Senate debates

Thursday, 4 February 2021

Bills

Aged Care Legislation Amendment (Serious Incident Response Scheme and Other Measures) Bill 2020; Second Reading

11:22 am

Photo of Helen PolleyHelen Polley (Tasmania, Australian Labor Party) Share this | Hansard source

I rise to speak on the Aged Care Legislation Amendment (Serious Incident Response Scheme and Other Measures) Bill 2020. This legislation is long overdue. It's implementing some of the key recommendations of the Australian Law Reform Commission's report into elder abuse, which was tabled in 2017, so it's been almost four years before we've seen the Liberal government finally starting to act. In the report the Australian Law Reform Commission said that its 43 recommendations were timely, and its cornerstone recommendation was a national plan to develop and combat elder abuse.

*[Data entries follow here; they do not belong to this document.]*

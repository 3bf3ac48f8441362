-- ===== src/Core/Actor/Coherence/Resolving.antt =====
-- `resolve` against the device's own directories.
use mathlib.Core.Path.{subst}
use pereprava.Prelude.{ℕ, ◌≡◌, refl, sym, ap, ◌∙◌, Bool, some, List, [], ◌∷◌, get_elem?}
use pereprava.Prelude.Text.{Text}
use pereprava.Core.Error.{ok, invalid_argument}
use pereprava.Core.Names.{Unicode}
use pereprava.Core.Path.{DevPath, parse, is_root}
use pereprava.Core.Actor.Device.{Device}
use pereprava.Core.Actor.Monad.{lift}
use pereprava.Core.Actor.State.{
  ActorState, StorageRec, find_storage_index, storage, open_storage, call,
}
use pereprava.Core.Actor.State.Storages.{find_storage_index-get_elem}
use pereprava.Core.Actor.Lookup.{
  Resolved, storage_index, walk, object_entry, resolve_below, resolve,
}
use pereprava.Core.Actor.Coherence.{IsLawful, listed, IsCoherent}
use pereprava.Core.Actor.Coherence.Rules.{
  Post, Ensures, Ensures-pure, Ensures-fail, Ensures-lift, Ensures-if, Ensures-bind, Ensures-mono,
  Ensures-storage, Ensures-open_storage, Ensures-call-Same,
}
use pereprava.Core.Actor.Coherence.Children.{Good, Good-stable}
use pereprava.Core.Actor.Coherence.Walks.{descend, TreeOf, TreeOf-tree, Ensures-walk}

module _ {D : Device} (L : IsLawful D) (u : Unicode) (T : List StorageRec) (s₀ : D.State) where
  abbrev Held : ActorState D → Type 0
  Held = Good L T (TreeOf L u s₀)

  -- What was found is where the names lead.
  abbrev LeadsTo : ℕ → List Text → Resolved → Type 0
  LeadsTo idx segs r =
      (rec : StorageRec) × (r.storage_index ≡ idx)
      × (get_elem? T idx ≡ some rec)
      × (descend u (listed L s₀ rec.id) D.root segs ≡ some r.handle)

  abbrev Found : Text → Resolved → Type 0
  Found raw r =
      (p : DevPath) × (parse raw ≡ ok p)
      × (find_storage_index u T p.storage_ref ≡ ok r.storage_index)
      × LeadsTo r.storage_index p.segments r

  Ensures-storage_index :
      (reference : Text)
      → Ensures Held
          (λ i σ. (find_storage_index u T reference ≡ ok i) × Held σ)
          Held
          (storage_index u D reference)
  unfolding storage_index
  Ensures-storage_index reference = record {
    at = λ σ h.
        subst
          (λ t.
            Post (λ i σ. (find_storage_index u T reference ≡ ok i) × Held σ) Held
              (find_storage_index u t reference, σ))
          (sym h.0) ((Ensures-lift Held Held (find_storage_index u T reference) (λ _ q. q)).at σ h);
  }

  Ensures-object_entry : (idx h : ℕ) → Ensures Held (λ _ σ. Held σ) Held (object_entry u D idx h)
  unfolding object_entry
  Ensures-object_entry idx h =
      Ensures-bind _ _ _ _ (open_storage D idx) _
        (Ensures-open_storage L T Held idx (λ σ g. g.0) (Good-stable L T _ (TreeOf-tree L u s₀)))
        λ st.
          Ensures-bind _ _ _ _ (call D (D.get_object_info st h)) _
            (Ensures-mono Held (λ _ σ. Unit {0} × Held σ) Held _ _ _
              (call D (D.get_object_info st h))
              (Ensures-call-Same L Held (λ _ _. Unit {0}) (D.get_object_info st h)
                (Good-stable L T _ (TreeOf-tree L u s₀)) (L.get_object_info-same st h)
                (λ _ _ _ _ _. tt))
              (λ σ q. q.1) (λ _ σ q. q.1) (λ σ q. q))
            λ oi. Ensures-pure _ _ _ _ (λ σ q. q)

  Ensures-resolve_below :
      (idx : ℕ) (rec : StorageRec) (refresh : Bool) (segs : List Text)
      → get_elem? T idx ≡ some rec
      → Ensures Held (λ r σ. LeadsTo idx segs r × Held σ) Held (resolve_below u D idx refresh segs)
  unfolding resolve_below
  Ensures-resolve_below idx rec refresh [] found =
      Ensures-bind _ _ _ _ (storage D idx) _ (Ensures-storage L T Held idx (λ σ g. g.0))
        λ r. Ensures-pure _ _ _ _ (λ σ q. ((rec, refl, found, refl), q.1))
  Ensures-resolve_below idx rec refresh (seg ∷ segs) found =
      Ensures-bind _ _ _ _ (walk u D idx refresh D.root (seg ∷ segs)) _
        (Ensures-walk L u T s₀ idx refresh rec found D.root (seg ∷ segs))
        λ cur. record {
          at = λ σ h.
              (Ensures-bind Held Held (λ _ s. Held s) (λ r s. LeadsTo idx (seg ∷ segs) r × Held s)
                  (object_entry u D idx cur) _ (Ensures-object_entry idx cur)
                  (λ entry. Ensures-pure _ _ _ _ (λ s q. ((rec, refl, found, h.0), q)))).at
                σ h.1;
        }

  Ensures-resolve :
      (raw : Text) (refresh : Bool)
      → Ensures Held (λ r σ. Found raw r × Held σ) Held (resolve u D raw refresh)
  unfolding resolve
  Ensures-resolve raw refresh =
      Ensures-bind _ _ _ _ (lift (parse raw)) _ (Ensures-lift Held Held (parse raw) (λ _ q. q)) λ p.
        Ensures-if _ _ _ (is_root p) _ _ (λ _. Ensures-fail _ _ _ invalid_argument (λ σ q. q.1))
          λ _. record {
            at = λ σ h.
                (Ensures-bind Held Held
                    (λ i s. (find_storage_index u T p.storage_ref ≡ ok i) × Held s)
                    (λ r s. Found raw r × Held s) (storage_index u D p.storage_ref) _
                    (Ensures-storage_index p.storage_ref) (λ idx. below p idx h.0)).at
                  σ h.1;
          }
    where
      below :
          (p : DevPath) (idx : ℕ)
          → parse raw ≡ ok p
          → Ensures
              (λ s. (find_storage_index u T p.storage_ref ≡ ok idx) × Held s)
              (λ r s. Found raw r × Held s)
              Held
              (resolve_below u D idx refresh p.segments)
      below p idx parsed = record {
        at = λ σ h.
            let (rec, found, _) = find_storage_index-get_elem u T p.storage_ref idx h.0 in
            (Ensures-mono Held (λ r s. LeadsTo idx p.segments r × Held s) Held Held
                (λ r s. Found raw r × Held s) Held (resolve_below u D idx refresh p.segments)
                (Ensures-resolve_below idx rec refresh p.segments found) (λ _ q. q)
                (λ r s q. (
                  (
                    p,
                    parsed,
                    h.0 ∙ ap ok (sym q.0.1),
                    (q.0.0, refl, subst (λ i. get_elem? T i ≡ some q.0.0) (sym q.0.1) q.0.2, q.0.3),
                  ),
                  q.1,
                ))
                (λ _ q. q)).at
              σ h.1;
      }

-- From a coherent state, an object that is found by path is the one that the names of the path lead
-- to in the device's own directories, on the storage that the path names. A path to a storage alone
-- leads to its root. The state stays coherent.
pub resolve-descend :
    {D : Device} (L : IsLawful D) (u : Unicode) (raw : Text) (refresh : Bool) (σ σ' : ActorState D)
    (r : Resolved)
    → IsCoherent L σ
    → resolve u D raw refresh σ ≡ (ok r, σ')
    → (p : DevPath) × (rec : StorageRec) × (parse raw ≡ ok p)
      × (find_storage_index u σ.storages p.storage_ref ≡ ok r.storage_index)
      × (get_elem? σ.storages r.storage_index ≡ some rec)
      × (descend u (listed L σ.device rec.id) D.root p.segments ≡ some r.handle)
      × IsCoherent L σ'
resolve-descend L u raw refresh σ σ' r b e =
    let ((p, parsed, named, (rec, _, found, leads)), good) =
      subst (Post _ _) e
        ((Ensures-resolve L u σ.storages σ.device raw refresh).at σ (refl, b, λ j d. refl)) in
    (p, rec, parsed, named, found, leads, good.1)
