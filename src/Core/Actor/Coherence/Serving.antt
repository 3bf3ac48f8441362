-- ===== src/Core/Actor/Coherence/Serving.antt =====
-- Every request keeps the cache true, but for an upload that fails and a recursive deletion.
use pereprava.Core.Actor.Coherence.Invalidation.{ChangesIn}
use mathlib.Core.Path.{subst}
use pereprava.Prelude.{ℕ, ◌≡◌, refl, sym, Bool, false, none, some, List, get_elem?, ◌==◌, take}
use pereprava.Prelude.Text.{Text}
use pereprava.Core.Error.{Error, Result, ok, err, from}
use pereprava.Core.Names.{Unicode}
use pereprava.Core.Model.{Entry}
use pereprava.Core.Actor.Device.{Device, UploadReply, uploaded, failed, NewObjectInfo, Item}
use pereprava.Core.Actor.Monad.{fail, ◌>>◌}
use pereprava.Core.Actor.State.{
  ActorState, StorageRec, Handler, call, open_storage, parent_arg, children_of,
}
use pereprava.Core.Actor.Lookup.{Resolved, resolve}
use pereprava.Core.Actor.Lookup
use pereprava.Core.Actor.Tree.{
  forget, entry_on, hinfo, hread_range, mkdir_all, move_into, rename_handle, hdelete, hmkdir,
}
use pereprava.Core.Actor.Tree
use pereprava.Core.Actor.Transfer.{
  Read, upload_into, finish_upload, send, stream_of, discard_partial, discard, count_bytes,
}
use pereprava.Core.Actor.Dispatch.{
  Request, Response, dispatch, ping_device, shutdown, ping, hlist, hinfo_of, hread, hdelete_of,
  hupload, hmkdir_in, hrename, storages, info, list_of, resolve_of, mkdir_all_of, remove_of,
  rename_of, move_into_of, upload_to, entry,
}
use pereprava.Core.Actor.Coherence.{IsLawful, IsCoherent}
use pereprava.Core.Actor.Coherence.Rules.{
  Ensures, Post, Ensures-bind, Ensures-mono, Ensures-if, Ensures-open_storage,
}
use pereprava.Core.Actor.Coherence.Children.{Good-stable, parent_arg-dir_of}
use pereprava.Core.Actor.Coherence.Mutations.{
  IsCoherent-after, NothingMore, NothingMore-tree, hdelete-IsCoherent, hmkdir-IsCoherent,
  Ensures-given,
}
use pereprava.Core.Actor.Coherence.Renaming.{Ensures-entry_on, rename_handle-IsCoherent}
use pereprava.Core.Actor.Coherence.Lookups.{
  Stays, Stays-bind, Stays-pure, Stays-call, Stays-open_storage, Stays-children_of, Stays-list,
  Stays-resolve,
}
use pereprava.Core.Actor.Coherence.Paths.{
  Start, End, Ends, Ends-mkdir_all, Ends-remove, Stale, Ensures-forget_here,
}
use pereprava.Core.Actor.Coherence.Moves.{Ends-rename, Ends-move_into}

module _ {D : Device} (L : IsLawful D) (u : Unicode) where
  abbrev Keeps : {A : Type 0} → Handler D A → Type 0
  Keeps m = (σ : ActorState D) → IsCoherent L σ → IsCoherent L (m σ).1

  Ends-Keeps : {A : Type 0} (m : Handler D A) → ((T : List StorageRec) → Ends L u T m) → Keeps m
  Ends-Keeps m k σ b = IsCoherent-after L u σ.storages (m σ) ((k σ.storages).at σ (refl, b, tt))

  Stays-Keeps :
      {A : Type 0} (m : Handler D A)
      → ((T : List StorageRec) → Stays L u T (NothingMore L u) (NothingMore-tree L u) m)
      → Keeps m
  Stays-Keeps m k =
      Ends-Keeps m
        λ T. Ensures-mono _ _ _ _ _ _ m (k T) (λ σ h. h) (λ a σ h. (h.0, h.1)) (λ σ h. (h.0, h.1))

  module _ (T : List StorageRec) where
    abbrev StaysHere : {A : Type 0} → Handler D A → Type 0
    StaysHere m = Stays L u T (NothingMore L u) (NothingMore-tree L u) m

    Stays-entry_on : (g : D.Storage) (h : ℕ) → StaysHere (entry_on u D g h)
    unfolding entry_on
    Stays-entry_on g h =
        Stays-bind L u T (NothingMore L u) (NothingMore-tree L u) (call D (D.get_object_info g h)) _
          (Stays-call L u T (NothingMore L u) (NothingMore-tree L u) (D.get_object_info g h)
            (L.get_object_info-same g h))
          λ o. Stays-pure L u T (NothingMore L u) (NothingMore-tree L u) _

    Stays-hinfo : (idx h : ℕ) → StaysHere (hinfo u D idx h)
    unfolding hinfo
    Stays-hinfo idx h =
        Stays-bind L u T (NothingMore L u) (NothingMore-tree L u) (open_storage D idx) _
          (Stays-open_storage L u T (NothingMore L u) (NothingMore-tree L u) idx)
          λ g. Stays-entry_on g h

    Stays-hread_range : (idx h offset count : ℕ) → StaysHere (hread_range u D idx h offset count)
    unfolding hread_range
    Stays-hread_range idx h offset count =
        Stays-bind L u T (NothingMore L u) (NothingMore-tree L u) (open_storage D idx) _
          (Stays-open_storage L u T (NothingMore L u) (NothingMore-tree L u) idx)
          λ g.
            Stays-call L u T (NothingMore L u) (NothingMore-tree L u)
              (D.read_range g h offset count) (L.read_range-same g h offset count)

    Stays-ping_device : StaysHere (ping_device u D)
    unfolding ping_device
    Stays-ping_device =
        Stays-bind L u T (NothingMore L u) (NothingMore-tree L u) (open_storage D 0) _
          (Stays-open_storage L u T (NothingMore L u) (NothingMore-tree L u) 0)
          λ g.
            Stays-bind L u T (NothingMore L u) (NothingMore-tree L u)
              (call D (D.list_objects g none)) _
              (Stays-call L u T (NothingMore L u) (NothingMore-tree L u) (D.list_objects g none)
                (L.list_objects-same g none))
              λ o. Stays-pure L u T (NothingMore L u) (NothingMore-tree L u) tt

    -- What `send` leaves: the directory may have a new file in it, though the upload failed.
    Ensures-send :
        (idx dir : ℕ) (what : NewObjectInfo) (items : List Item) (g : D.Storage) (rec : StorageRec)
        → get_elem? T idx ≡ some rec
        → L.sid_of g ≡ rec.id
        → Ensures
            (Start L u T)
            (λ _ σ. Stale L u T idx dir σ)
            (λ _. Unit {0})
            (send u D g (parent_arg D dir) what items)
    unfolding send
    Ensures-send idx dir what items g rec found same = record {
      at = λ σ (table, true_of, _). (
        rec,
        found,
        (
          σ.device,
          table,
          true_of,
          subst
              (λ i.
                ChangesIn L (λ j d. (j ≡ i) × (d ≡ dir)) σ.device
                  (D.upload g (parent_arg D dir) what items σ.device).1)
              same
              (subst
                (λ k.
                  ChangesIn L (λ j d. (j ≡ L.sid_of g) × (d ≡ k)) σ.device
                    (D.upload g (parent_arg D dir) what items σ.device).1)
                (parent_arg-dir_of L dir)
                (L.upload-changes g (parent_arg D dir) what items σ.device)),
          tt,
        ),
      );
    }

    -- Whatever the state, the handler fails.
    never :
        {A : Type 0} (P : ActorState D → Type 0) (R : A → ActorState D → Type 0)
        (m : Handler D (Unit {0})) (e : Error)
        → Ensures P R (λ _. Unit {0}) (m >> fail e)
    never P R m e =
        Ensures-bind P (λ _. Unit {0}) (λ _ _. Unit {0}) R m _
          (record { at = λ σ _. anything (m σ) }) λ _. record { at = λ σ _. tt }
      where
        anything : (r : Result (Unit {0}) × ActorState D) → Post (λ _ _. Unit {0}) (λ _. Unit {0}) r
        anything (ok _, σ) = tt
        anything (err _, σ) = tt

    Ensures-finish_upload :
        (idx dir size : ℕ) (items : List Item) (g : D.Storage) (taken : ℕ) (r : UploadReply)
        → Ensures
            (λ σ. Stale L u T idx dir σ)
            (λ _. End L u T)
            (λ _. Unit {0})
            (finish_upload u D idx dir size items g taken r)
    unfolding finish_upload
    Ensures-finish_upload idx dir size items g taken (failed e partial) =
        never _ _ (discard_partial u D g partial) (from e)
    Ensures-finish_upload idx dir size items g taken (uploaded h) =
        Ensures-if _ _ _ (count_bytes (take taken items) == size) _ _
          (λ _.
            Ensures-mono _ _ _ _ _ _ (do forget u D idx dir; entry_on u D g h)
              (Ensures-bind _ _ _ _ (forget u D idx dir) _
                (Ensures-forget_here L u T (NothingMore L u) idx dir)
                λ _. Ensures-entry_on L u T g h)
              (λ σ k. k) (λ a σ k. k) (λ σ k. tt))
          (λ _. never _ _ (discard u D g h) Error.mtp)

    pub Ensures-upload_into :
        (idx dir : ℕ) (name : Text) (size : ℕ) (reads : List Read)
        → Ensures
            (Start L u T)
            (λ _. End L u T)
            (λ _. Unit {0})
            (upload_into u D idx dir name size reads)
    unfolding upload_into
    Ensures-upload_into idx dir name size reads =
        Ensures-bind _ _ _ _ (open_storage D idx) _
          (Ensures-mono _ _ _ _ _ _ (open_storage D idx)
            (Ensures-open_storage L T (Start L u T) idx (λ σ k. k.0)
              (Good-stable L T (NothingMore L u) (NothingMore-tree L u)))
            (λ σ k. k) (λ g σ k. k) (λ σ k. tt))
          λ g. Ensures-given L u _ _ _ _ _ λ (rec, found, same).
            Ensures-bind _ _ _ _
              (send u D g (parent_arg D dir) (record { name = name; size = size })
                (stream_of reads))
              _ (Ensures-send idx dir _ (stream_of reads) g rec found same)
              λ r. Ensures-finish_upload idx dir size (stream_of reads) g r.taken r.outcome

  -- An upload must succeed, and nothing is said of a recursive deletion.
  abbrev pub Settles : Request → Response → Type 0
  Settles (remove_of path recursive) r = recursive ≡ false
  Settles (hupload idx dir name size reads) r = (e : Entry) × (r ≡ entry (ok e))
  Settles (upload_to parent name size reads) r = (e : Entry) × (r ≡ entry (ok e))
  Settles q r = Unit {0}

  uploaded-IsCoherent :
      (T : List StorageRec) (r : Result Entry × ActorState D)
      → Post (λ _. End L u T) (λ _. Unit {0}) r
      → (e : Entry) × (entry r.0 ≡ entry (ok e))
      → IsCoherent L r.1
  uploaded-IsCoherent T (ok a, σ) h _ = h.1
  uploaded-IsCoherent T (err e, σ) h (a, k) = absurd (cc)

  upload_into-Keeps :
      (idx dir : ℕ) (name : Text) (size : ℕ) (reads : List Read) (σ : ActorState D)
      → IsCoherent L σ
      → (e : Entry) × (entry (upload_into u D idx dir name size reads σ).0 ≡ entry (ok e))
      → IsCoherent L (upload_into u D idx dir name size reads σ).1
  upload_into-Keeps idx dir name size reads σ b =
      uploaded-IsCoherent σ.storages (upload_into u D idx dir name size reads σ)
        ((Ensures-upload_into σ.storages idx dir name size reads).at σ (refl, b, tt))

  remove-Keeps :
      (fuel : ℕ) (path : Text) (recursive : Bool)
      → recursive ≡ false
      → Keeps (Tree.remove u D fuel path recursive)
  remove-Keeps fuel path recursive plain =
      subst (λ b. Keeps (Tree.remove u D fuel path b)) (sym plain)
        (Ends-Keeps (Tree.remove u D fuel path false) λ T. Ends-remove L u T fuel path)

  -- Whatever request is served, every cached listing is afterwards what the device would answer, if
  -- every cached one was before: whether the request succeeds or fails, with the exception of an
  -- upload, which must succeed, and of a recursive deletion, of which nothing is said.
  pub dispatch-IsCoherent :
      (fuel : ℕ) (q : Request) (σ : ActorState D)
      → IsCoherent L σ
      → Settles q (dispatch u D fuel q σ).0
      → IsCoherent L (dispatch u D fuel q σ).1
  unfolding dispatch
  dispatch-IsCoherent fuel shutdown σ b h = b
  dispatch-IsCoherent fuel ping σ b h = Stays-Keeps (ping_device u D) (λ T. Stays-ping_device T) σ b
  dispatch-IsCoherent fuel (hlist idx dir) σ b h =
      Stays-Keeps (children_of D idx dir false)
        (λ T. Stays-children_of L u T (NothingMore L u) (NothingMore-tree L u) idx dir false) σ b
  dispatch-IsCoherent fuel (hinfo_of idx handle) σ b h =
      Stays-Keeps (hinfo u D idx handle) (λ T. Stays-hinfo T idx handle) σ b
  dispatch-IsCoherent fuel (hread idx handle offset count) σ b h =
      Stays-Keeps (hread_range u D idx handle offset count)
        (λ T. Stays-hread_range T idx handle offset count) σ b
  dispatch-IsCoherent fuel (hdelete_of idx handle) σ b h = hdelete-IsCoherent L u idx handle σ b
  dispatch-IsCoherent fuel (hupload idx dir name size reads) σ b h =
      upload_into-Keeps idx dir name size reads σ b h
  dispatch-IsCoherent fuel (hmkdir_in idx dir name) σ b h = hmkdir-IsCoherent L u idx dir name σ b
  dispatch-IsCoherent fuel (hrename idx from_parent from_name to_parent to_name) σ b h =
      rename_handle-IsCoherent L u idx from_parent from_name to_parent to_name σ b
  dispatch-IsCoherent fuel storages σ b h = b
  dispatch-IsCoherent fuel info σ b h = b
  dispatch-IsCoherent fuel (list_of path refresh) σ b h =
      Stays-Keeps (Lookup.list u D path refresh)
        (λ T. Stays-list L u T (NothingMore L u) (NothingMore-tree L u) path refresh) σ b
  dispatch-IsCoherent fuel (resolve_of path refresh) σ b h =
      Stays-Keeps (resolve u D path refresh)
        (λ T. Stays-resolve L u T (NothingMore L u) (NothingMore-tree L u) path refresh) σ b
  dispatch-IsCoherent fuel (mkdir_all_of path) σ b h =
      Ends-Keeps (mkdir_all u D path) (λ T. Ends-mkdir_all L u T path) σ b
  dispatch-IsCoherent fuel (remove_of path recursive) σ b h = remove-Keeps fuel path recursive h σ b
  dispatch-IsCoherent fuel (rename_of path new_name) σ b h =
      Ends-Keeps (Tree.rename u D path new_name) (λ T. Ends-rename L u T path new_name) σ b
  dispatch-IsCoherent fuel (move_into_of src dst) σ b h =
      Ends-Keeps (move_into u D src dst) (λ T. Ends-move_into L u T src dst) σ b
  dispatch-IsCoherent fuel (upload_to parent name size reads) σ b h =
      upload_into-Keeps parent.storage_index parent.handle name size reads σ b h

To reinforce the need for a Serious Incident Response Scheme, a separate review—again, commissioned by those sitting opposite—followed the Oakden nursing home tragedy and also recommended introducing the scheme in 2017. How can we trust that this government will act upon the recommendations of their royal commission into aged care, whose report is expected to be handed down this month, if they've taken four long years to respond to elder abuse? That is four long years of abuse of older Australians. The Liberal government then waited two years and commissioned KPMG to undertake a prevalence study of serious incident report schemes, and the findings of that report were handed down by the government in November 2019 but not made public until June 2020. This report revealed that there were more than 50,000 cases of assault and abuse in aged care across the country that were going unreported each year. They sat on this information for months and let tens of thousands of vulnerable people be subject to undue harm before they started to do anything about it. Under this government, reported assaults in residential aged care have gone up every year, reaching 5,233 in 2018-19. That's more than 100 a week—100 of some of the most vulnerable members of our society were assaulted each day and every week.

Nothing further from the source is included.